I'm sure the fine will be paid promptly. Plain biscuits instead of choccy on the tea trolley for a couple of weeks should save enough cash. Then they can get down to apologising for their misdeed. A quick email to say sorry to all concerned and explain they only did it because their marketing emails really are too good to miss out on.
Should have been higher. Much higher. I f'in hate all forms of marketing and this is taking the piss.
If I opt out of receiving marketing shite it's because I don't f'in want to receive marketing shite
I'm not entirely surprised though because I think other companies sometimes fire off an 'accidental' email just to test the waters. I'm always very, very careful to click/unclick the appropriate checkbox when signing up yet still get sporadic crap.
"If I opt out of receiving marketing shite it's because I don't f'in want to receive marketing shite"
These days it's illegal to be "opt out" - it has to be "opt in" from the outset
I think they're finding it harder and harder to dump shite on people, especially with recent rulings also banning marketing crap in paper billing communications if people haven't opted into it
There's a rather good descriptive word for deliberately annoying layouts used in the use of opt-out dialog boxes, where the programmers deliberately add difficulty to their design and use, spread things across screens, to make it harder to opt out.
The word was mentioned/highlighted on El-Reg sometime back, but I've forgotten it.
Even Google's latest privacy check-up (pretty sure, approved by the EU), 6 box layout and confirm, is still annoying as hell because to customize the choices, it requires the use of the scroll bar to scroll down to confirm selections on most laptop screens. It's not as though that couldn't be three clicks in a much smaller area without all the naff clip-art.
In other words, it's still far more clicks and mouse movements than it ought to be.
Like a lot of posters before me, I am fed up of the usual small fine handed out to cunts like these along with the protracted appeals system that cost the taxpayer much more than the treasury ever get back.
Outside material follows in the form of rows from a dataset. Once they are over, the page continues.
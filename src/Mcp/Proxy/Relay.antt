-- ===== src/Mcp/Proxy/Relay.antt =====
-- What our stdout carries: the child's lines as they came, and a reply for each refused call.
use open_agent_lock.Common.{
  JsError, Result, err, none, ok, Bool-cases, Json, List, Option, Option-cases, Text, [], ap,
  append-nil, append_assoc, arith, false, inl, inr, refl, sym, true, ◌++◌, ◌∙◌, ◌∷◌, ◌≡◌,
}
use open_agent_lock.Mcp.LineBuffer.{push}
use open_agent_lock.Mcp.Proxy.{
  Call, Event, HostLine, Job, Proxy, begin_line, child_data, child_exit, close, daemon_reply,
  finish_call, host_data, host_end, line, next_job, react, read_child, relay_line, relay_lines,
  refuse, relayed, reply, run, settle, started, step, turn,
}
use open_agent_lock.Mcp.Proxy.Log.{child_arrivals, child_arrived, child_brings}
use open_agent_lock.Mcp.Proxy.Wire.{
  Link, Route, Verdict, deny_response, is_denial, route_line, verdict_of,
}

abbrev pub relays : List HostLine → List Text
relays [] = []
relays (relayed l ∷ out) = l ∷ relays out
relays (reply v ∷ out) = relays out

relays-append : (a b : List HostLine) → relays (a ++ b) ≡ relays a ++ relays b
relays-append [] b = refl
relays-append (relayed l ∷ a) b = ground (arith, relays-append a b)
relays-append (reply v ∷ a) b = relays-append a b

module _ (link : Link) where
  read_child-to_host : (msg : Option Json) (p : Proxy) → (read_child link msg p).to_host ≡ p.to_host
  unfolding read_child settle
  read_child-to_host msg p = ground arith

  -- What a stopped process has lost of the lines at hand; a running one has lost nothing.
  abbrev Loses : Proxy → List Text → Type 0
  Loses p lost = p.stopped ≡ false → lost ≡ []

  relay_line-relays :
      (l : Text) (p : Proxy) → relays (relay_line link l p).to_host ≡ relays p.to_host ++ l ∷ []
  unfolding relay_line
  relay_line-relays l p =
      ap relays (read_child-to_host (link.parse l) _) ∙ relays-append p.to_host (relayed l ∷ [])

  relay_lines_running :
      (l : Text) (ls : List Text) (p : Proxy)
      → p.stopped ≡ false
      → relay_lines link (l ∷ ls) p ≡ relay_lines link ls (relay_line link l p)
  unfolding relay_lines
  relay_lines_running l ls p s = ground arith

  relay_lines-relays :
      (ls : List Text) (p : Proxy)
      → (lost : List Text) × (relays p.to_host ++ ls
          ≡ relays (relay_lines link ls p).to_host ++ lost)
        × Loses (relay_lines link ls p) lost
  unfolding relay_lines
  relay_lines-relays [] p = ([], refl, λ _. refl)
  relay_lines-relays (l ∷ ls) p = elim (Bool-cases p.stopped) [
    | inl s ↦ (l ∷ ls, ground arith, ground arith)
    | inr s ↦
        let (lost, same, all) = relay_lines-relays ls (relay_line link l p) in
        let joined : relays p.to_host ++ l ∷ ls ≡ relays (relay_line link l p).to_host ++ ls = sym (
          ap (λ r. r ++ ls) (relay_line-relays l p)
          ∙ append_assoc (relays p.to_host) (l ∷ []) ls) in
        let e = relay_lines_running l ls p s in (lost, rw e (joined ∙ same), λ h. all (rw e at h))
  ]

  begin_line-to_host :
      (l : Text) (r : Route) (p : Proxy) → (begin_line link l r p).to_host ≡ p.to_host
  unfolding begin_line
  begin_line-to_host l r p = ground arith

  next_job-to_host : (js : List Job) (p : Proxy) → (next_job link js p).to_host ≡ p.to_host
  unfolding next_job
  next_job-to_host [] p = refl
  next_job-to_host (close ∷ js) p = refl
  next_job-to_host (line l ∷ js) p = begin_line-to_host l (route_line link l) _

  refuse-relays :
      (m : Result JsError Json) (p : Proxy) → relays (refuse link m p).to_host ≡ relays p.to_host
  refuse-relays (err e) p = refl
  refuse-relays (ok message) p =
      relays-append p.to_host (reply message ∷ []) ∙ append-nil (relays p.to_host)

  finish_call-relays :
      (c : Call) (v : Verdict) (p : Proxy)
      → relays (finish_call link c v p).to_host ≡ relays p.to_host
  unfolding finish_call
  finish_call-relays c v p = elim (Bool-cases (is_denial v)) [
    | inr n ↦ rw n refl
    | inl d ↦ rw d (refuse-relays (deny_response c.id v.reason) (record p { awaiting = none }))
  ]

  react-relays :
      (e : Event) (p : Proxy)
      → (lost : List Text) × (relays p.to_host ++ child_brings e p
          ≡ relays (react link e p).to_host ++ lost)
        × Loses (react link e p) lost
  unfolding react
  react-relays (host_data chunk) p = ([], refl, λ _. refl)
  react-relays host_end p = ([], refl, λ _. refl)
  react-relays turn p = ([], ground (arith, next_job-to_host p.jobs p), λ _. refl)
  react-relays (daemon_reply r) p = (
    [],
    elim (Option-cases p.awaiting) [
      | inl w ↦ ground arith
      | inr (c, w) ↦ ground (arith, finish_call-relays c (verdict_of r) p)
    ],
    λ _. refl,
  )
  react-relays (child_data chunk) p =
      relay_lines-relays (push p.child_buf chunk).0
        (record p { child_buf = (push p.child_buf chunk).1 })
  react-relays child_exit p = ([], refl, λ _. refl)

  step-relays :
      (e : Event) (p : Proxy)
      → (lost : List Text) × (relays p.to_host ++ child_arrived e p
          ≡ relays (step link e p).to_host ++ lost)
        × Loses (step link e p) lost
  unfolding step
  step-relays e p = elim (Bool-cases p.stopped) [
    | inl s ↦ ([], ground arith, λ _. refl)
    | inr s ↦
        let (lost, same, all) = react-relays e p in (lost, ground arith, λ h. all (ground arith))
  ]

  run_stopped :
      (es : List Event) (p : Proxy)
      → p.stopped ≡ true
      → (run link es p ≡ p) × (child_arrivals link es p ≡ [])
  unfolding child_arrivals run
  run_stopped [] p s = (refl, refl)
  run_stopped (e ∷ es) p s =
      let same : step link e p ≡ p = ground arith in
      let (r, a) = run_stopped es p s in (rw same r, rw same (ground arith))

  run-relays :
      (es : List Event) (p : Proxy)
      → (lost : List Text) × (relays p.to_host ++ child_arrivals link es p
          ≡ relays (run link es p).to_host ++ lost)
        × Loses (run link es p) lost
  unfolding child_arrivals run
  run-relays [] p = ([], refl, λ _. refl)
  run-relays (e ∷ es) p =
      let q = step link e p in
      let (lost, same, all) = step-relays e p in
      let joined : relays p.to_host ++ (child_arrived e p ++ child_arrivals link es q)
          ≡ relays q.to_host ++ (lost ++ child_arrivals link es q) =
        sym (append_assoc (relays p.to_host) (child_arrived e p) _)
        ∙ ap (λ r. r ++ child_arrivals link es q) same
        ∙ append_assoc (relays q.to_host) lost _ in
      elim (Bool-cases q.stopped) [
        | inl s ↦
            let (r, a) = run_stopped es q s in
            (lost, joined ∙ rw (r, a) (rw append-nil refl), rw r all)
        | inr s ↦
            let (later, same', all') = run-relays es q in (later, joined ∙ rw (all s) same', all')
      ]

  -- Whatever the events and their order: the child's lines reach our stdout as they are, in their
  -- order, and none of them is lost while the process runs; one that has ended may have lost the
  -- last of them.
  pub run-relayed :
      (es : List Event)
      → (lost : List Text) × (child_arrivals link es started
          ≡ relays (run link es started).to_host ++ lost)
        × ((run link es started).stopped ≡ false → lost ≡ [])
  run-relayed es = run-relays es started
Time to put proper fines in place as a disincentive. If the governmernt or their toothless agencies can not do so then let me do it. I will probably charge less and get a billion times more into the treasury as, to be fair, would most normal people if asked to deal with the problem.
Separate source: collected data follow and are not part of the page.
-- ===== src/Mcp/Proxy/Verdicts.antt =====
-- The log of a run, judged by the messages of the lines and the bodies of the daemon's answers.
use open_agent_lock.Common.{
  own, has_string, sym, ◌∙◌, ◌&&◌, ◌⊎◌, All, All-mono, Bool-cases, Json, List, Option, Text, [],
  arith, codes, err, inl, inr, is_str, is_str_iff, nullish, none, null, subst, num, arr, obj, bool,
  member, ok, optional_member, present, refl, some, str, true, ◌↔◌, ◌≡◌, ◌≢◌, ℕ,
}
use open_agent_lock.Daemon.{Reply, answer, is_success, unreachable, permission_decision}
use open_agent_lock.Daemon.Decision.{
  Decides, decision, decision_iff, decision_lem, null-not-Decides, parts, reason_lem,
}
use open_agent_lock.Mcp.Proxy.{Event, run, started}
use open_agent_lock.Mcp.Proxy.Gate.{
  IsNamed, IsRight, IsToolCall, call_route, route_line_gated_iff, run-IsRight,
}
use open_agent_lock.Mcp.Proxy.Log.{Fate, dropped, forwarded_lines, log, passed, refused, released}
use open_agent_lock.Mcp.Proxy.Order.{run-in_order}
use open_agent_lock.Mcp.Proxy.Wire.{
  Link, gated, hold, pass, tool_name_of, is_denial, fault, route, route_line, verdict_of,
  read_verdict,
}

-- The daemon answers with success, and its answer decides `deny`.
abbrev pub IsDenial : Reply → Type 0
IsDenial r =
    (status : ℕ) × (v : Json) × (r ≡ answer status (ok v))
    × (is_success status ≡ true)
    × Decides (codes "deny") v

present_deny :
    (o : Option Json)
    → is_str (codes "deny") (some (nullish (present o) (str (codes "allow"))))
      ≡ is_str (codes "deny") o
unfolding is_str
present_deny none = refl
present_deny (some null) = refl
present_deny (some (bool b)) = refl
present_deny (some (num n)) = refl
present_deny (some (str s)) = refl
present_deny (some (arr vs)) = refl
present_deny (some (obj fs)) = refl

success_denies :
    (v : Json) (status : ℕ)
    → is_success status ≡ true
    → (is_denial (verdict_of (answer status (ok v))) ≡ true) ↔ Decides (codes "deny") v
success_denies v status t = elim (parts v) [
  | inl same ↦ (
    (λ e. absurd (
        unfold is_denial verdict_of read_verdict permission_decision member is_str in
        ground (arith, same))),
    (λ d. absurd (null-not-Decides (codes "deny") (subst (Decides (codes "deny")) same d))),
  )
  | inr p ↦
      let same : is_denial (verdict_of (answer status (ok v)))
          ≡ is_str (codes "deny") (decision v p) =
        unfold is_denial verdict_of read_verdict in
        rw (t, decision_lem v p, reason_lem v p []) (present_deny (decision v p)) in
      (
        (λ e. (decision_iff v p (codes "deny")).0 (ground (arith, same))),
        (λ d. ground (arith, same, (decision_iff v p (codes "deny")).1 d)),
      )
]

-- An answer refuses a call exactly if it comes with success and decides `deny`: a daemon that is
-- down, an error status, a malformed body and every other decision let the call pass.
pub is_denial_iff : (r : Reply) → (is_denial (verdict_of r) ≡ true) ↔ IsDenial r
is_denial_iff unreachable = (
  (λ e. absurd (unfold is_denial verdict_of is_str in ground arith)),
  (λ (_, _, same, _, _). cc same),
)
is_denial_iff (answer status (err m)) = (
  (λ e. absurd (unfold is_denial verdict_of is_str in ground arith)),
  (λ (_, _, same, _, _). cc same),
)
is_denial_iff (answer status (ok v)) = elim (Bool-cases (is_success status)) [
  | inl t ↦ (
    (λ e. (status, v, refl, t, (success_denies v status t).0 e)),
    (λ (s, w, same, _, d).
        (success_denies v status t).1 (subst (Decides (codes "deny")) (cc same) d)),
  )
  | inr n ↦ (
    (λ e. absurd (unfold is_denial verdict_of is_str in ground arith)),
    (λ (s, w, same, t, _). let same_status : s ≡ status = cc same in absurd (ground (arith))),
  )
]

-- Some tools/call request.
abbrev pub Calls : Option Json → Type 0
Calls msg = (id : Json) × (params : Option Json) × IsToolCall msg id params

-- A tools/call request whose id or tool has no text.
abbrev pub CallsUnnamed : Option Json → Type 0
CallsUnnamed msg =
    (id : Json) × (params : Option Json) × IsToolCall msg id params × (¬ IsNamed id params)

-- What may become of a line: only a line that is no call passes without asking, only the answer
-- `deny` refuses a call, and only the text `null` and calls without a name are lost.
abbrev pub IsDue : Link → Text × Fate → Type 0
IsDue link (l, passed) = ¬ Calls (link.parse l)
IsDue link (l, dropped) = (link.parse l ≡ some null) ⊎ CallsUnnamed (link.parse l)
IsDue link (l, released r) = Calls (link.parse l) × ¬ IsDenial r
IsDue link (l, refused r) = Calls (link.parse l) × IsDenial r

IsNamed-cases : (id : Json) (params : Option Json) → IsNamed id params ⊎ (¬ IsNamed id params)
IsNamed-cases id params = elim (Bool-cases (has_string id)) [
  | inr f ↦ inr (λ (a, _). cc (a, f))
  | inl t ↦ elim (Bool-cases (has_string (tool_name_of params))) [
    | inr f ↦ inr (λ (_, b). cc (b, f))
    | inl u ↦ inl (t, u)
  ]
]

hold_named :
    (id : Json) (params : Option Json) → IsNamed id params → hold (some id) params ≡ gated id params
hold_named id params (a, b) = rw (a, b) refl

held_or_lost : (id : Json) (params : Option Json) → hold (some id) params ≢ pass
held_or_lost id params h = elim (Bool-cases (has_string id && has_string (tool_name_of params))) [
  | inl t ↦ absurd (cc (rw t at h))
  | inr f ↦ absurd (cc (rw f at h))
]

fault-unnamed :
    (o params : Option Json)
    → hold o params ≡ fault
    → (id : Json) × (o ≡ some id) × (¬ IsNamed id params)
fault-unnamed none params h = absurd (cc h)
fault-unnamed (some id) params h = (id, refl, λ named. absurd (cc (h, hold_named id params named)))

module _ (link : Link) where
  fault-lost : (msg : Option Json) → route msg ≡ fault → (msg ≡ some null) ⊎ CallsUnnamed msg
  unfolding route member optional_member
  fault-lost none h = absurd (cc h)
  fault-lost (some null) h = inl refl
  fault-lost (some (obj fs)) h =
      elim (Bool-cases (is_str (codes "tools/call") (own (codes "method") fs))) [
        | inr f ↦ absurd (ground arith)
        | inl t ↦
            let params = own (codes "params") fs in
            let held : hold (present (own (codes "id") fs)) params ≡ fault = ground arith in
            let (id, given, n) = fault-unnamed _ params held in
            inr (id, params, (fs, refl, (is_str_iff _ _).0 t, given, refl), n)
      ]
  fault-lost (some v) h = unfold is_str in absurd (ground arith)

  IsRight-IsDue : (entry : Text × Fate) → IsRight link entry → IsDue link entry
  unfolding route_line
  IsRight-IsDue (l, passed) h = λ (id, params, call).
      absurd (held_or_lost id params (sym (call_route link l id params call) ∙ h))
  IsRight-IsDue (l, dropped) h = fault-lost (link.parse l) h
  IsRight-IsDue (l, released r) ((id, params, held), n) = (
    (id, params, ((route_line_gated_iff link l id params).0 held).0),
    (λ d. absurd (ground (arith, (is_denial_iff r).1 d))),
  )
  IsRight-IsDue (l, refused r) ((id, params, held), y) =
      ((id, params, ((route_line_gated_iff link l id params).0 held).0), (is_denial_iff r).0 y)

  -- Whatever the events and their order, each line that is done with has a fate, and what was
  -- written to the child so far is the lines whose fate is to pass or to be let through, in this
  -- order and nothing else. A line that passes without asking is no tools/call request with an id,
  -- one that is let through after an answer is such a request and the answer is no denial, one that
  -- is refused is such a request and the answer is a success that decides `deny`, and a line that is
  -- lost is the JSON value `null`, or such a request whose id or tool name has no text.
  pub run-gated :
      (es : List Event)
      → All (IsDue link) (log link es started)
        × ((run link es started).to_child ≡ forwarded_lines (log link es started))
  run-gated es = (
    All-mono (IsRight-IsDue) (log link es started) (run-IsRight link es),
    (run-in_order link es).1,
  )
I can not begin to count the number of shithole companies that I have unfortunately had to register an email address with in order to get something done or a problem sorted and no ammount of 'unsubscribe' or ticking of the relevant boxes will stop the fuckers from sending emails several times a week as, according to their twisted view of the world, we have a ''relationship''.
Sadly, nothing will change. Roll on Covid-22 and hopefully it will wipe out humanity as it is beyond repair.
Apart from that, have a nice weekend. Unless you are one of the spamming cunts, in which case, fuck off and die.
In real terms the fine will just be slapped on consumer bills. The problem of how to regulate and incentivise a telco is not a unique one, but has not gone away.
I'd say competition is the answer; but somehow I don't think having dozens of fibre networks with competing roadworks to install/maintain is a winner!
One might even say like a number of other utilities central planning might be a useful tool; were it to be kept within reasonable checks and balances.
I opted out of marketing communications from Virgin Media several years ago. They would only call my mobile when I was at work. They were so desperate to market to me that multiple call centre agents on bad quality lines that I couldn't understand would call simultaneously. They would also ask me to verify my password, despite me not being able to verify who they were. I wouldn't mind receiving marketing material by post, but they don't offer any granularity. These days I just ring them up whenever they want to put the price up and see what deals are available.